-- ===== src/Ordering.antt =====
-- wiregui/utils/ordering.py, and how wiregui/pages/admin/rules.py orders and edits the rules.
mod Priorities
mod Editor
pub mod Persisted
pub mod Appended
pub mod Switched
unfoldable pub use Priorities.*
unfoldable pub use Editor.*
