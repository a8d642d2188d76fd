-- ===== src/SettingsPage.antt =====
-- wiregui/pages/admin/settings.py: what the handlers of the page write. The row that the page
-- edits is `Configuration`; a row that is missing is an `AttributeError`, which changes nothing.
pub mod Saved
use wiregui.Base.{
  ℕ, Bool, not, ◌&&◌, Option, none, some, List, [], ◌∷◌, ◌++◌, Text, codes, strip, split, filter,
  map, length, ◌==◌, if◌then◌else◌,
}
use wiregui.Base.Int.{ℤ, pos, neg_part, pos_part}
use wiregui.Models.{Provider, Configuration}
use wiregui.Auth.{has_id, Oauth, Registry, unregister_provider}

-- The form of the client defaults. The numbers of its fields are whole, or missing.
pub record DefaultsForm : Type 0 where
  pub endpoint : Text
  pub dns : Text
  pub mtu : Option ℤ
  pub keepalive : Option ℤ
  pub allowed_ips : Text

-- `value.strip() or None`
abbrev pub text_or_none : Text → Option Text
text_or_none t = if length t == 0 then none else some t

-- `[s.strip() for s in value.split(",") if s.strip()]`
unfoldable pub listed : Text → List Text
listed t = filter (λ s. not (length s == 0)) (map strip (split b',' t))

-- `int(value) if value else default`
abbrev pub number_or : ℤ → Option ℤ → ℤ
number_or default none = default
number_or default (some z) = if (pos_part z == 0) && (neg_part z == 0) then default else z

unfoldable pub save_defaults : DefaultsForm → ℕ → Configuration → Configuration
unfolding listed
save_defaults form now c = record c {
  default_client_endpoint = text_or_none (strip form.endpoint);
  default_client_dns = listed form.dns;
  default_client_mtu = number_or (pos 1280) form.mtu;
  default_client_persistent_keepalive = number_or (pos 25) form.keepalive;
  default_client_allowed_ips = listed form.allowed_ips;
  updated_at = now;
}

pub record SecurityForm : Type 0 where
  pub vpn_duration : ℤ
  pub local_auth : Bool
  pub unpriv_mgmt : Bool
  pub unpriv_config : Bool
  pub disable_vpn_oidc : Bool

unfoldable pub save_security : SecurityForm → ℕ → Configuration → Configuration
save_security form now c = record c {
  vpn_session_duration = form.vpn_duration;
  local_auth_enabled = form.local_auth;
  allow_unprivileged_device_management = form.unpriv_mgmt;
  allow_unprivileged_device_configuration = form.unpriv_config;
  disable_vpn_on_oidc_error = form.disable_vpn_oidc;
  updated_at = now;
}

pub record OidcForm : Type 0 where
  pub oidc_id : Text
  pub oidc_label : Text
  pub oidc_scope : Text
  pub oidc_client_id : Text
  pub oidc_client_secret : Text
  pub oidc_discovery : Text
  pub oidc_auto_create : Bool

unfoldable pub provider_of : OidcForm → Provider
provider_of form = record {
  id = some (strip form.oidc_id);
  label = some (strip form.oidc_label);
  client_id = some (strip form.oidc_client_id);
  client_secret = some (strip form.oidc_client_secret);
  discovery_document_uri = some (strip form.oidc_discovery);
  scope = some (strip form.oidc_scope);
  auto_create_users = form.oidc_auto_create;
  metadata = none;
  base_url = none;
  sign_requests = none;
  sign_metadata = none;
  signed_assertion_in_resp = none;
  signed_envelopes_in_resp = none;
}

abbrev is_given : Text → Bool
is_given t = not (length (strip t) == 0)

-- The fields that are required.
abbrev pub is_complete : OidcForm → Bool
is_complete form =
    is_given form.oidc_id
    && (is_given form.oidc_label
        && (is_given form.oidc_client_id
            && (is_given form.oidc_client_secret && is_given form.oidc_discovery)))

-- `[p for p in providers if p.get("id") != provider_id]`
abbrev pub without_provider : Text → List Provider → List Provider
without_provider id qs = filter (λ q. not (has_id id q.id)) qs

unfoldable pub save_oidc_provider : OidcForm → ℕ → Configuration → Configuration
unfolding provider_of
save_oidc_provider form now c =
    if is_complete form
    then record c {
      openid_connect_providers =
          without_provider (strip form.oidc_id) c.openid_connect_providers
          ++ (provider_of form ∷ []);
      updated_at = now;
    }
    else c

unfoldable pub delete_oidc_provider :
    (o : Oauth) → Text → ℕ → Configuration → Registry o → Configuration × Registry o
delete_oidc_provider o provider_id now c r = (
  record c {
    openid_connect_providers = without_provider provider_id c.openid_connect_providers;
    updated_at = now;
  },
  unregister_provider o provider_id r,
)

pub record SamlForm : Type 0 where
  pub saml_id : Text
  pub saml_label : Text
  pub saml_metadata_input : Text
  pub saml_sign_requests : Bool
  pub saml_sign_metadata : Bool
  pub saml_signed_assertion : Bool
  pub saml_signed_envelopes : Bool
  pub saml_auto_create : Bool

unfoldable pub saml_provider_of : Text → SamlForm → Provider
saml_provider_of external_url form = record {
  id = some (strip form.saml_id);
  label = some (strip form.saml_label);
  client_id = none;
  client_secret = none;
  discovery_document_uri = none;
  scope = none;
  auto_create_users = form.saml_auto_create;
  metadata = some (strip form.saml_metadata_input);
  base_url = some (external_url ++ codes "/auth/saml");
  sign_requests = some form.saml_sign_requests;
  sign_metadata = some form.saml_sign_metadata;
  signed_assertion_in_resp = some form.saml_signed_assertion;
  signed_envelopes_in_resp = some form.saml_signed_envelopes;
}

abbrev pub is_complete_saml : SamlForm → Bool
is_complete_saml form =
    is_given form.saml_id && (is_given form.saml_label && is_given form.saml_metadata_input)

unfoldable pub save_saml_provider : Text → SamlForm → ℕ → Configuration → Configuration
unfolding saml_provider_of
save_saml_provider external_url form now c =
    if is_complete_saml form
    then record c {
      saml_identity_providers =
          without_provider (strip form.saml_id) c.saml_identity_providers
          ++ (saml_provider_of external_url form ∷ []);
      updated_at = now;
    }
    else c

unfoldable pub delete_saml_provider : Text → ℕ → Configuration → Configuration
delete_saml_provider provider_id now c = record c {
  saml_identity_providers = without_provider provider_id c.saml_identity_providers;
  updated_at = now;
}
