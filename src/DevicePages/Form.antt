-- ===== src/DevicePages/Form.antt =====
-- The forms of wiregui/pages/devices.py and wiregui/pages/admin/devices.py: how the inputs become
-- the row of a device, and how a row fills the inputs.
use wiregui.Base.{
  ℕ, zero, suc, ◌+◌, ◌-◌, ◌*◌, Bool, true, false, ◌&&◌, Option, none, some, List, [], ◌∷◌, Text,
  codes, strip, join, ◌==◌, text_or_empty, if◌then◌else◌,
}
use wiregui.Base.Int.{ℤ, pos, negsuc}
use wiregui.Net.{is_digit}
use wiregui.Models.{Device}
use wiregui.Api.{Draws}
use wiregui.Allocation.{parse_subnet_list}
use wiregui.Client.{show_ℤ}
use wiregui.Ordering.{stripped_or_none}
use wiregui.SettingsPage.{listed}

-- The inputs, in the create form (`create_*`) and in the edit form (`edit_*`).
pub record DeviceForm : Type 0 where
  pub name : Text
  pub desc : Text
  pub use_default_ips : Bool
  pub use_default_dns : Bool
  pub use_default_endpoint : Bool
  pub use_default_mtu : Bool
  pub use_default_keepalive : Bool
  pub allowed_ips : Text
  pub dns : Text
  pub endpoint : Text
  pub mtu : Text
  pub keepalive : Text
  pub allowed_subnets : Text

-- The digits that `int` reads, with single underscores between them; `ok` is after a digit.
unfoldable pub read_digits : ℕ → Bool → Text → Option ℕ
read_digits n ok [] = if ok then some n else none
read_digits n ok (c ∷ t) =
    let more = read_digits (n * 10 + (c - b'0')) true t in
    let next = read_digits n false t in
    if is_digit c then more else if (c == b'_') && ok then next else none

abbrev pub negated : ℕ → ℤ
negated zero = pos 0
negated (suc n) = negsuc n

abbrev pub plus_of : Option ℕ → Option ℤ
plus_of none = none
plus_of (some n) = some (pos n)

abbrev pub minus_of : Option ℕ → Option ℤ
minus_of none = none
minus_of (some n) = some (negated n)

unfoldable pub read_signed : Text → Option ℤ
unfolding read_digits
read_signed [] = none
read_signed (c ∷ t) =
    if c == b'-'
    then minus_of (read_digits 0 false t)
    else if c == b'+'
    then plus_of (read_digits 0 false t)
    else plus_of (read_digits 0 false (c ∷ t))

-- `int(t)` on ASCII text; `none` is the `ValueError`.
unfoldable pub read_int : Text → Option ℤ
unfolding read_signed
read_int t = read_signed (strip t)

abbrev number_read : Option ℤ → Option (Option ℤ)
number_read none = none
number_read (some z) = some (some z)

-- `int(value) if value else None`
unfoldable pub int_or_none : Text → Option (Option ℤ)
unfolding read_int
int_or_none [] = some none
int_or_none (c ∷ t) = number_read (read_int (c ∷ t))

-- An input that counts only where its switch is off, over what stands for it else.
abbrev pub unless_default {ℓ} : {A : Type ℓ} → Bool → A → A → A
unless_default use_default fallback value = if use_default then fallback else value

-- The new row of the user's page; `none` is the `ValueError` of a number.
abbrev pub row_of_form : DeviceForm → Draws → Text → Text → Text → Option ℤ → Option ℤ → Device
row_of_form form d owner v4 v6 mtu keepalive = record {
  id = d.id;
  name = strip form.name;
  description = stripped_or_none form.desc;
  public_key = d.public_key;
  preshared_key = some d.preshared_key;
  use_default_allowed_ips = form.use_default_ips;
  use_default_dns = form.use_default_dns;
  use_default_endpoint = form.use_default_endpoint;
  use_default_mtu = form.use_default_mtu;
  use_default_persistent_keepalive = form.use_default_keepalive;
  endpoint = unless_default form.use_default_endpoint none (stripped_or_none form.endpoint);
  mtu = mtu;
  persistent_keepalive = keepalive;
  allowed_ips = unless_default form.use_default_ips [] (listed form.allowed_ips);
  dns = unless_default form.use_default_dns [] (listed form.dns);
  ipv4 = some v4;
  ipv6 = some v6;
  allowed_subnets = [];
  remote_ip = none;
  rx_bytes = none;
  tx_bytes = none;
  latest_handshake = none;
  user_id = owner;
  inserted_at = d.now;
  updated_at = d.now;
}

abbrev pub with_numbers {ℓ} :
    {A : Type ℓ} → Option (Option ℤ) → Option (Option ℤ) → (Option ℤ → Option ℤ → A) → Option A
with_numbers none keepalive f = none
with_numbers (some mtu) none f = none
with_numbers (some mtu) (some keepalive) f = some (f mtu keepalive)

unfoldable pub device_of_form : DeviceForm → Draws → Text → Text → Text → Option Device
unfolding int_or_none listed
device_of_form form d owner v4 v6 =
    with_numbers (unless_default form.use_default_mtu (some none) (int_or_none form.mtu))
      (unless_default form.use_default_keepalive (some none) (int_or_none form.keepalive))
      (row_of_form form d owner v4 v6)

abbrev pub put_subnets : Option (List Text) → Option Device → Option Device
put_subnets none d = none
put_subnets (some subnets) none = none
put_subnets (some subnets) (some d) = some (record d { allowed_subnets = subnets })

-- The administrator's page also reads the relay subnets.
unfoldable pub device_of_admin_form : DeviceForm → Draws → Text → Text → Text → Option Device
unfolding device_of_form parse_subnet_list
device_of_admin_form form d owner v4 v6 =
    put_subnets (parse_subnet_list form.allowed_subnets) (device_of_form form d owner v4 v6)

-- The edited row; an input whose switch is on leaves the column as it is.
abbrev pub edited_with : DeviceForm → Device → Option ℤ → Option ℤ → Device
edited_with form d mtu keepalive = record d {
  name = strip form.name;
  description = stripped_or_none form.desc;
  use_default_allowed_ips = form.use_default_ips;
  use_default_dns = form.use_default_dns;
  use_default_endpoint = form.use_default_endpoint;
  use_default_mtu = form.use_default_mtu;
  use_default_persistent_keepalive = form.use_default_keepalive;
  endpoint = unless_default form.use_default_endpoint d.endpoint (stripped_or_none form.endpoint);
  dns = unless_default form.use_default_dns d.dns (listed form.dns);
  mtu = mtu;
  persistent_keepalive = keepalive;
  allowed_ips = unless_default form.use_default_ips d.allowed_ips (listed form.allowed_ips);
}

unfoldable pub edited_device : DeviceForm → Device → Option Device
unfolding int_or_none listed
edited_device form d =
    with_numbers (unless_default form.use_default_mtu (some d.mtu) (int_or_none form.mtu))
      (unless_default form.use_default_keepalive (some d.persistent_keepalive)
        (int_or_none form.keepalive))
      (edited_with form d)

unfoldable pub edited_by_admin : DeviceForm → Device → Option Device
unfolding edited_device parse_subnet_list
edited_by_admin form d = put_subnets (parse_subnet_list form.allowed_subnets) (edited_device form d)

-- `str(value) if value else ""`
unfoldable pub number_text : Option ℤ → Text
unfolding show_ℤ
number_text none = []
number_text (some (pos zero)) = []
number_text (some z) = show_ℤ z

-- `open_edit`: the inputs as the row fills them.
unfoldable pub form_of : Device → DeviceForm
unfolding number_text
form_of d = record {
  name = d.name;
  desc = text_or_empty d.description;
  use_default_ips = d.use_default_allowed_ips;
  use_default_dns = d.use_default_dns;
  use_default_endpoint = d.use_default_endpoint;
  use_default_mtu = d.use_default_mtu;
  use_default_keepalive = d.use_default_persistent_keepalive;
  allowed_ips = join (codes ", ") d.allowed_ips;
  dns = join (codes ", ") d.dns;
  endpoint = text_or_empty d.endpoint;
  mtu = number_text d.mtu;
  keepalive = number_text d.persistent_keepalive;
  allowed_subnets = join (codes ", ") d.allowed_subnets;
}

• [WHAT YOU SHOULD DO]
Please copy each line of the material that contains the word "DevicePages".

• [EXPECTED ANSWER]
filename src/DevicePages/Form.antt
-- ===== src/DevicePages/Form.antt =====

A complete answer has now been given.